Founder's time is wasted raising instead of executing, it's tough to think about revenue when you're not hungry.
The good use of venture capital is expand quickly and focus on the current markets — you want to have more money than the revenue you get.
Some example here:
• I want to expand and gain more users using the protocol, and I’m currently generating $100k a month.
• With $100k a month, I’ll need to spend 12 months to get to the point where I want to be.
• Risks: the market can change really quickly, so I want to reach the point in 3 months to catch the opportunity.
• I sell my share to VCs to get that money to expand + adding the revenue.
• Now I can focus on expanding, farming more revenue, getting new features, R&D, etc.

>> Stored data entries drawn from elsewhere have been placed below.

-- ===== src/Runtime/Tunnel.antt =====
-- `ActiveTunnel` of src/runtime.rs.
use vorto.Prelude.{ℕ, Bool, not, ◌||◌, List, [], ◌∷◌, ◌++◌, false, if◌then◌else◌}
use vorto.Text.{Text, text}
use vorto.Result.{AppResult, ok, err}
use vorto.Config.Tunnel.{TunnelConfig, supports_tcp, supports_udp}
use vorto.Runtime.System.{
  Os, Rt, parse_labelled_addr, configure_udp_socket, spawn_task, runs, wait_all, send_stop,
  new_channel,
}

pub record ActiveTunnel : Type 0 where
  pub spec : TunnelConfig
  pub stop_tx : ℕ
  pub handles : List ℕ

module _ (O : Os) where
  -- The outcome of a part of `spawn`, the handles pushed so far, and the runtime.
  abbrev pub Started : Type 0
  Started = AppResult (Unit {0}) × List ℕ × Rt O

  -- `handles.push(tokio::spawn(..))`.
  abbrev pub push_task : List ℕ → Rt O → Started
  push_task handles rt = let (handle, rt') = spawn_task O rt in (ok tt, handles ++ handle ∷ [], rt')

  unfoldable pub start_tcp : TunnelConfig → List ℕ → Rt O → Started
  start_tcp spec handles rt =
      if supports_tcp spec.protocol
      then (let (bound, s) = O.bind_tcp spec.listen rt.os_state in
          elim bound [
            | err e ↦ (err e, handles, record rt { os_state = s })
            | ok _ ↦ push_task handles (record rt { os_state = s })
          ])
      else (ok tt, handles, rt)

  -- A bound socket is configured before its task starts.
  unfoldable pub serve_udp : ℕ → List ℕ → Rt O → Started
  serve_udp socket handles rt =
      let (configured, s) = configure_udp_socket O socket rt.os_state in
      elim configured [
        | err e ↦ (err e, handles, record rt { os_state = s })
        | ok _ ↦ push_task handles (record rt { os_state = s })
      ]

  unfoldable pub bind_and_serve_udp : Text → List ℕ → Rt O → Started
  unfolding serve_udp
  bind_and_serve_udp listen handles rt =
      let (bound, s) = O.bind_udp listen rt.os_state in
      elim bound [
        | err e ↦ (err e, handles, record rt { os_state = s })
        | ok socket ↦ serve_udp socket handles (record rt { os_state = s })
      ]

  unfoldable pub start_udp : TunnelConfig → List ℕ → Rt O → Started
  unfolding bind_and_serve_udp
  start_udp spec handles rt =
      if supports_udp spec.protocol
      then elim (parse_labelled_addr spec.target (text "target")) [
        | err e ↦ (err e, handles, rt)
        | ok target ↦ bind_and_serve_udp spec.listen handles rt
      ]
      else (ok tt, handles, rt)

  -- UDP is started only after TCP.
  abbrev pub then_udp : TunnelConfig → Started → Started
  then_udp spec (err e, handles, rt) = (err e, handles, rt)
  then_udp spec (ok _, handles, rt) = start_udp spec handles rt

  -- A failed start stops the tasks that were started.
  abbrev pub finish_spawn : TunnelConfig → ℕ → Started → AppResult ActiveTunnel × Rt O
  finish_spawn spec stop_tx (ok _, handles, rt) =
      (ok (record { spec = spec; stop_tx = stop_tx; handles = handles }), rt)
  finish_spawn spec stop_tx (err e, handles, rt) =
      (err e, wait_all O handles (send_stop O stop_tx rt))

  -- `ActiveTunnel::spawn`.
  unfoldable pub spawn : TunnelConfig → Rt O → AppResult ActiveTunnel × Rt O
  unfolding start_tcp start_udp
  spawn spec rt =
      let (stop_tx, rt1) = new_channel O rt in
      finish_spawn spec stop_tx (then_udp spec (start_tcp spec [] rt1))

  -- `ActiveTunnel::has_finished`.
  unfoldable pub any_finished : List ℕ → Rt O → Bool
  any_finished [] rt = false
  any_finished (h ∷ hs) rt = not (runs O rt h) || any_finished hs rt

  abbrev pub has_finished : ActiveTunnel → Rt O → Bool
  has_finished active rt = any_finished active.handles rt

  -- `ActiveTunnel::stop`.
  unfoldable pub stop : ActiveTunnel → Rt O → Rt O
  stop active rt = wait_all O active.handles (send_stop O active.stop_tx rt)
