-- ===== src/Runtime/Manager.antt =====
-- `TunnelManager` of src/runtime.rs. The running tunnels are a hash map by name.
use vorto.Prelude.{
  Bool, true, false, not, Option, none, some, List, [], ◌∷◌, map, keep_if, is_yes, if◌then◌else◌,
}
use vorto.Text.{Text, Text-discrete}
use vorto.HashMap.{get, insert, remove, collect, Hasher}
use vorto.Result.{AppResult, ok, err}
use vorto.Config.Tunnel.{TunnelConfig, TunnelConfig-discrete, AppConfig, enabled_tunnels}
use vorto.Runtime.System.{Os, Rt}
use vorto.Runtime.Tunnel.{ActiveTunnel, spawn, has_finished, stop}

abbrev pub Active : Type 0
Active = List (Text × ActiveTunnel)

abbrev pub Desired : Type 0
Desired = List (Text × TunnelConfig)

-- `TunnelManager::default`.
abbrev pub no_tunnels : Active
no_tunnels = []

-- The map of the desired tunnels by name.
unfoldable pub desired_map : List TunnelConfig → Desired
desired_map tunnels = collect Text-discrete (map (λ t. (t.name, t)) tunnels)

-- An active tunnel is kept if its name is desired with the same settings.
abbrev pub wants : Option TunnelConfig → TunnelConfig → Bool
wants none spec = false
wants (some next) spec = is_yes (TunnelConfig-discrete next spec)

-- A desired tunnel is started unless it is active with the same settings.
abbrev pub should_start : Option ActiveTunnel → TunnelConfig → Bool
should_start none tunnel = true
should_start (some active) tunnel = not (is_yes (TunnelConfig-discrete active.spec tunnel))

abbrev pub names_of {ℓ} : {V : Type ℓ} → List (Text × V) → List Text
names_of = map (λ e. e.0)

module _ (H : Hasher) (O : Os) where
  abbrev pub World : Type 0
  World = Active × Rt O

  -- `if let Some(active) = self.active.remove(&name) { active.stop().await }`.
  unfoldable pub remove_and_stop : Text → World → World
  remove_and_stop name (active, rt) = elim (get Text-discrete name active) [
    | none ↦ (active, rt)
    | some tunnel ↦ (remove Text-discrete name active, stop O tunnel rt)
  ]

  unfoldable pub remove_all : List Text → World → World
  unfolding remove_and_stop
  remove_all [] w = w
  remove_all (name ∷ names) w = remove_all names (remove_and_stop name w)

  -- The names of the tunnels with a finished task, in the order of an iteration.
  abbrev pub finished : World → List Text
  finished (active, rt) =
      names_of (keep_if (λ e. has_finished O e.1 rt) (H.order ActiveTunnel active))

  unfoldable pub retire_finished_tunnels : World → World
  unfolding remove_all
  retire_finished_tunnels w = remove_all (finished w) w

  -- The tunnels that are no longer desired, or desired with other settings.
  abbrev pub to_remove : Desired → World → List Text
  to_remove desired (active, rt) = names_of (
      keep_if (λ e. not (wants (get Text-discrete e.0 desired) e.1.spec))
        (H.order ActiveTunnel active))

  unfoldable pub remove_obsolete : Desired → World → World
  unfolding remove_all
  remove_obsolete desired w = remove_all (to_remove desired w) w

  -- The result of `ActiveTunnel::spawn` is entered, or its failure noted.
  abbrev pub entered : Text → Active → AppResult ActiveTunnel × Rt O → Bool × World
  entered name active (ok tunnel, rt) = (true, (insert Text-discrete name tunnel active, rt))
  entered name active (err e, rt) = (false, (active, rt))

  -- One round of the loop over the desired tunnels: whether it did not fail, and the new state.
  unfoldable pub start_one : Text → TunnelConfig → World → Bool × World
  start_one name tunnel (active, rt) =
      if should_start (get Text-discrete name active) tunnel
      then entered name active (spawn O tunnel rt)
      else (true, (active, rt))

  unfoldable pub start_all : Desired → Bool → World → Bool × World
  unfolding start_one
  start_all [] all_started w = (all_started, w)
  start_all ((name, tunnel) ∷ es) all_started w =
      let (started, w') = start_one name tunnel w in
      start_all es (if started then all_started else false) w'

  -- `TunnelManager::reconcile`.
  unfoldable pub reconcile : List TunnelConfig → World → Bool × World
  unfolding retire_finished_tunnels remove_obsolete start_all desired_map
  reconcile desired_tunnels w =
      let desired = desired_map desired_tunnels in
      let w1 = retire_finished_tunnels w in
      let w2 = remove_obsolete desired w1 in start_all (H.order TunnelConfig desired) true w2

  unfoldable pub start_from_config : AppConfig → World → Bool × World
  unfolding reconcile
  start_from_config config w = reconcile (enabled_tunnels config) w

  unfoldable pub stop_each : Active → Rt O → Rt O
  stop_each [] rt = rt
  stop_each ((name, tunnel) ∷ es) rt = stop_each es (stop O tunnel rt)

  -- `TunnelManager::stop_all`.
  unfoldable pub stop_all : World → World
  unfolding stop_each
  stop_all (active, rt) = ([], stop_each (H.order ActiveTunnel active) rt)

4. Some of the founders don't even need VCs.
This is exactly the case with Hyperliquid. Founders were already rich before starting the company, so they didn't need to raise a round, right???
Well, not exactly that. When I was working at VC, you don't imagine how many founders I've seen who already had the money (tens of millions in the bank), but willing to raise from VCs anyway.
- "So, why do you want to raise, if you have that much money already?"
- "Eh, we look more for partners who can help us build the thing and marketing than money".
It can be surprising, but some founders prefer raising the money just to have investors list on their website and a sentence "backed by X" in twitter description.
It's up to you how to rule the company, you don't need a step-by-step guide how to do that, you don't need robbery terms for top VCs just to put them on page. What you need is a piece of advice. You can message any guy you like and who you feel like will give you a great advice and talk to him — it's free, you don't have to sell a portion of a token supply.
4. VCs are great.
Raising round is ideal choice for someone young and ambitious. Those who didn't make much money yet, but they have a courage to do so. Or VC money can be used for something really complex that will require multiple years of development and will be earning money only after that.
But as I said before, company earnings have nothing to do with token price.
So if VCs dump tokens, why are they great?
You cannot imagine how committed a venture capital fund can be, because it's literally a startup.
Let's say VC has $50m AUM and do standard 2/20 scheme (2% annual fee and 20% performance fee). We are left with $1m yearly to hire a small team + 20% performance fee, which is not stable.
For $1m a year VC has to do operations, investments, due dilligence, talk to countless startups, talk to limited partners (LPs), define the vision of the fund, develop new ways to invest, travel to conferences, demo days, dealflow sharing, etc, etc, etc. All of this is done just to receive 2% management fee and 20% performance fee.
I hope that explains the reason why VCs like tokens more than equity, it's just easier to exit and attention spans are generally shorter + get the money to live.
Moreover, different VCs offer not just money, but something else called "value-add". It could be different stuff:
• Marketing support
• Research & Development
• BD + Partnerships
• Liquidity to your product when launched
• Hiring & operations support
• Etc, etc, etc
So yeah, if you REALLY need VC money, go for it, but make sure to choose only ones that offer something else and will not rob you in return.
Also avoid VCs who want to build your company and see your progress "way too often".
Nowadays, we could easily observe the shift towards the concept of “protocol of the founder with a little support from the investors” to “protocol of the investors with a little support from the founder.”
Lots of great protocols wouldn't be built without venture capital and the amount of impact they bring to the space is truly amazing.
Don't raise if you already have enough money and you feel like you can execute everything on your own with a clear goal defined. Raise if you know why it would be helpful for you, identify the best investors who are willing not only to invest their money, but their time.